[[ Records to process, beginning ]]
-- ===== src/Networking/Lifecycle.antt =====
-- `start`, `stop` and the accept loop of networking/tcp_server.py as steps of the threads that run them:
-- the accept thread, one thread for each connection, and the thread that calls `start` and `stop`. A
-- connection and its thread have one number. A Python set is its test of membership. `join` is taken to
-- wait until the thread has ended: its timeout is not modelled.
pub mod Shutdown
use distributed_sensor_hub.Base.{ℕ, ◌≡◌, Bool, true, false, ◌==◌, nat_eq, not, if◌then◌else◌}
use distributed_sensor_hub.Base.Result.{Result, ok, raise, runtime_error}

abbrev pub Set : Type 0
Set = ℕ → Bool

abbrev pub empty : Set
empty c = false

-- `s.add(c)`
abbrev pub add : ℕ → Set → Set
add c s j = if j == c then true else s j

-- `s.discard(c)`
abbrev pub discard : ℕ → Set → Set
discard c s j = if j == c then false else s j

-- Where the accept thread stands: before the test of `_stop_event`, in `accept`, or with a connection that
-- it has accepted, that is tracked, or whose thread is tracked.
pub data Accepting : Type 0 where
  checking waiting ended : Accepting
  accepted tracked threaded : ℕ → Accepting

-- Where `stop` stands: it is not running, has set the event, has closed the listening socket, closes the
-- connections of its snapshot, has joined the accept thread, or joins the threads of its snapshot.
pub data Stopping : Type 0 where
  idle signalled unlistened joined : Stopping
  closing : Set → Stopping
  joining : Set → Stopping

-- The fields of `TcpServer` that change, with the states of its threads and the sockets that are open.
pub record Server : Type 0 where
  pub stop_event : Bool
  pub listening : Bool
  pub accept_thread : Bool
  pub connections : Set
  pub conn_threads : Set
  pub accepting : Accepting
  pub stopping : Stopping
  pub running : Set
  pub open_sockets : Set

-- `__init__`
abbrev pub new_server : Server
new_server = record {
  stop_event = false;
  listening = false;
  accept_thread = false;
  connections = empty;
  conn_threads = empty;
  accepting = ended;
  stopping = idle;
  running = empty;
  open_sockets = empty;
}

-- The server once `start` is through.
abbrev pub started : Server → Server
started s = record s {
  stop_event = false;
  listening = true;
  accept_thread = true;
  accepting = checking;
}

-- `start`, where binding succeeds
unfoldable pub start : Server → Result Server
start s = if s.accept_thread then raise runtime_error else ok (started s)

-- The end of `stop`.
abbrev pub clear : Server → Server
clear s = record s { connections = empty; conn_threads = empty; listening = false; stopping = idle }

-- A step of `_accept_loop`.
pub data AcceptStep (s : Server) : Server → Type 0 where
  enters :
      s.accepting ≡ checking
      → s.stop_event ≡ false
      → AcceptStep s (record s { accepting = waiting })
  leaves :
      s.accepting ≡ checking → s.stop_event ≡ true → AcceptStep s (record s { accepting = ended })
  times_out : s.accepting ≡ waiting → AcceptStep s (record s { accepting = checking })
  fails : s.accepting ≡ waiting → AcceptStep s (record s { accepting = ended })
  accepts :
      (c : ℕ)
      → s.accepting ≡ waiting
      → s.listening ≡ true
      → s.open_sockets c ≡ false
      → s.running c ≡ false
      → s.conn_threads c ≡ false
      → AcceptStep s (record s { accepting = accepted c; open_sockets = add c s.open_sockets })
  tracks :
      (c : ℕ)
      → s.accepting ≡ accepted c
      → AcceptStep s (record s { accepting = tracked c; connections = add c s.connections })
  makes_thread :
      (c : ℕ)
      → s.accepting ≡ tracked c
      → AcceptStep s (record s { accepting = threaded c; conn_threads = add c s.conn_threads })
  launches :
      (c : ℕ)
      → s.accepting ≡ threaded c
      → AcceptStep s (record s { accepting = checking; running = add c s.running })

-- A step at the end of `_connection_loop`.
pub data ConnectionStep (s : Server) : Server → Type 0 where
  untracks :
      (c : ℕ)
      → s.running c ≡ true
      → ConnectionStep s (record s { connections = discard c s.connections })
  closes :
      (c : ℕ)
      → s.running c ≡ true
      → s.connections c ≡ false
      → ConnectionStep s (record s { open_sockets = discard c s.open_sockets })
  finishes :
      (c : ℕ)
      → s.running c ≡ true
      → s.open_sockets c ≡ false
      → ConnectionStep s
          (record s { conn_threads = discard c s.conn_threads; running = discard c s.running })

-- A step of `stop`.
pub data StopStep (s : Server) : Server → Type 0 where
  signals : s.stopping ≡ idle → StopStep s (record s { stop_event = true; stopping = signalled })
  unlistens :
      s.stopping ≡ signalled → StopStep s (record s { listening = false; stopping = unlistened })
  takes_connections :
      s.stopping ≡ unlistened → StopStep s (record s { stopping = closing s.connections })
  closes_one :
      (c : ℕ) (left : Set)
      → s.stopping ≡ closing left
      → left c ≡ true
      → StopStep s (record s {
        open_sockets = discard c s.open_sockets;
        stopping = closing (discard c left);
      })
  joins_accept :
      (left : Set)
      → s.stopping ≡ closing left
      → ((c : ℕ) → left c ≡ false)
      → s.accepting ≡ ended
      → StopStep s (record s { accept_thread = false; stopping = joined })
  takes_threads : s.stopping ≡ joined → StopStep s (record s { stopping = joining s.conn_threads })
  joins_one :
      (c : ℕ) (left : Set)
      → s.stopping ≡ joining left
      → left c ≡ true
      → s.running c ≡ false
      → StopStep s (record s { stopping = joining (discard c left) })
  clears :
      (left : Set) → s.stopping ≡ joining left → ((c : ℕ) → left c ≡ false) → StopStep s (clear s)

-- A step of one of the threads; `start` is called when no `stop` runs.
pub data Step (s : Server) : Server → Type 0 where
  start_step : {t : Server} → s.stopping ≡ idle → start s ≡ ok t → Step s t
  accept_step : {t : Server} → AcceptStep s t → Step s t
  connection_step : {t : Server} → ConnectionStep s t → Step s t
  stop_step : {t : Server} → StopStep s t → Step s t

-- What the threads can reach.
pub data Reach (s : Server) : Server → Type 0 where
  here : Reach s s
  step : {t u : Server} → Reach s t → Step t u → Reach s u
[[ Records to process, end ]]
**Exercise directions:**
Hand back the whole listing, exactly as it is.

**Written solution:**
-- ===== src/Networking/Lifecycle.antt =====
-- `start`, `stop` and the accept loop of networking/tcp_server.py as steps of the threads that run them:
-- the accept thread, one thread for each connection, and the thread that calls `start` and `stop`. A
-- connection and its thread have one number. A Python set is its test of membership. `join` is taken to
-- wait until the thread has ended: its timeout is not modelled.
pub mod Shutdown
use distributed_sensor_hub.Base.{ℕ, ◌≡◌, Bool, true, false, ◌==◌, nat_eq, not, if◌then◌else◌}
use distributed_sensor_hub.Base.Result.{Result, ok, raise, runtime_error}

abbrev pub Set : Type 0
Set = ℕ → Bool

abbrev pub empty : Set
empty c = false

-- `s.add(c)`
abbrev pub add : ℕ → Set → Set
add c s j = if j == c then true else s j

-- `s.discard(c)`
abbrev pub discard : ℕ → Set → Set
discard c s j = if j == c then false else s j

-- Where the accept thread stands: before the test of `_stop_event`, in `accept`, or with a connection that
-- it has accepted, that is tracked, or whose thread is tracked.
pub data Accepting : Type 0 where
  checking waiting ended : Accepting
  accepted tracked threaded : ℕ → Accepting

-- Where `stop` stands: it is not running, has set the event, has closed the listening socket, closes the
-- connections of its snapshot, has joined the accept thread, or joins the threads of its snapshot.
pub data Stopping : Type 0 where
  idle signalled unlistened joined : Stopping
  closing : Set → Stopping
  joining : Set → Stopping

-- The fields of `TcpServer` that change, with the states of its threads and the sockets that are open.
pub record Server : Type 0 where
  pub stop_event : Bool
  pub listening : Bool
  pub accept_thread : Bool
  pub connections : Set
  pub conn_threads : Set
  pub accepting : Accepting
  pub stopping : Stopping
  pub running : Set
  pub open_sockets : Set

-- `__init__`
abbrev pub new_server : Server
new_server = record {
  stop_event = false;
  listening = false;
  accept_thread = false;
  connections = empty;
  conn_threads = empty;
  accepting = ended;
  stopping = idle;
  running = empty;
  open_sockets = empty;
}

-- The server once `start` is through.
abbrev pub started : Server → Server
started s = record s {
  stop_event = false;
  listening = true;
  accept_thread = true;
  accepting = checking;
}

-- `start`, where binding succeeds
unfoldable pub start : Server → Result Server
start s = if s.accept_thread then raise runtime_error else ok (started s)

-- The end of `stop`.
abbrev pub clear : Server → Server
clear s = record s { connections = empty; conn_threads = empty; listening = false; stopping = idle }

-- A step of `_accept_loop`.
pub data AcceptStep (s : Server) : Server → Type 0 where
  enters :
      s.accepting ≡ checking
      → s.stop_event ≡ false
      → AcceptStep s (record s { accepting = waiting })
  leaves :
      s.accepting ≡ checking → s.stop_event ≡ true → AcceptStep s (record s { accepting = ended })
  times_out : s.accepting ≡ waiting → AcceptStep s (record s { accepting = checking })
  fails : s.accepting ≡ waiting → AcceptStep s (record s { accepting = ended })
  accepts :
      (c : ℕ)
      → s.accepting ≡ waiting
      → s.listening ≡ true
      → s.open_sockets c ≡ false
      → s.running c ≡ false
      → s.conn_threads c ≡ false
      → AcceptStep s (record s { accepting = accepted c; open_sockets = add c s.open_sockets })
  tracks :
      (c : ℕ)
      → s.accepting ≡ accepted c
      → AcceptStep s (record s { accepting = tracked c; connections = add c s.connections })
  makes_thread :
      (c : ℕ)
      → s.accepting ≡ tracked c
      → AcceptStep s (record s { accepting = threaded c; conn_threads = add c s.conn_threads })
  launches :
      (c : ℕ)
      → s.accepting ≡ threaded c
      → AcceptStep s (record s { accepting = checking; running = add c s.running })

-- A step at the end of `_connection_loop`.
pub data ConnectionStep (s : Server) : Server → Type 0 where
  untracks :
      (c : ℕ)
      → s.running c ≡ true
      → ConnectionStep s (record s { connections = discard c s.connections })
  closes :
      (c : ℕ)
      → s.running c ≡ true
      → s.connections c ≡ false
      → ConnectionStep s (record s { open_sockets = discard c s.open_sockets })
  finishes :
      (c : ℕ)
      → s.running c ≡ true
      → s.open_sockets c ≡ false
      → ConnectionStep s
          (record s { conn_threads = discard c s.conn_threads; running = discard c s.running })

-- A step of `stop`.
pub data StopStep (s : Server) : Server → Type 0 where
  signals : s.stopping ≡ idle → StopStep s (record s { stop_event = true; stopping = signalled })
  unlistens :
      s.stopping ≡ signalled → StopStep s (record s { listening = false; stopping = unlistened })
  takes_connections :
      s.stopping ≡ unlistened → StopStep s (record s { stopping = closing s.connections })
  closes_one :
      (c : ℕ) (left : Set)
      → s.stopping ≡ closing left
      → left c ≡ true
      → StopStep s (record s {
        open_sockets = discard c s.open_sockets;
        stopping = closing (discard c left);
      })
  joins_accept :
      (left : Set)
      → s.stopping ≡ closing left
      → ((c : ℕ) → left c ≡ false)
      → s.accepting ≡ ended
      → StopStep s (record s { accept_thread = false; stopping = joined })
  takes_threads : s.stopping ≡ joined → StopStep s (record s { stopping = joining s.conn_threads })
  joins_one :
      (c : ℕ) (left : Set)
      → s.stopping ≡ joining left
      → left c ≡ true
      → s.running c ≡ false
      → StopStep s (record s { stopping = joining (discard c left) })
  clears :
      (left : Set) → s.stopping ≡ joining left → ((c : ℕ) → left c ≡ false) → StopStep s (clear s)

-- A step of one of the threads; `start` is called when no `stop` runs.
pub data Step (s : Server) : Server → Type 0 where
  start_step : {t : Server} → s.stopping ≡ idle → start s ≡ ok t → Step s t
  accept_step : {t : Server} → AcceptStep s t → Step s t
  connection_step : {t : Server} → ConnectionStep s t → Step s t
  stop_step : {t : Server} → StopStep s t → Step s t

-- What the threads can reach.
pub data Reach (s : Server) : Server → Type 0 where
  here : Reach s s
  step : {t u : Server} → Reach s t → Step t u → Reach s u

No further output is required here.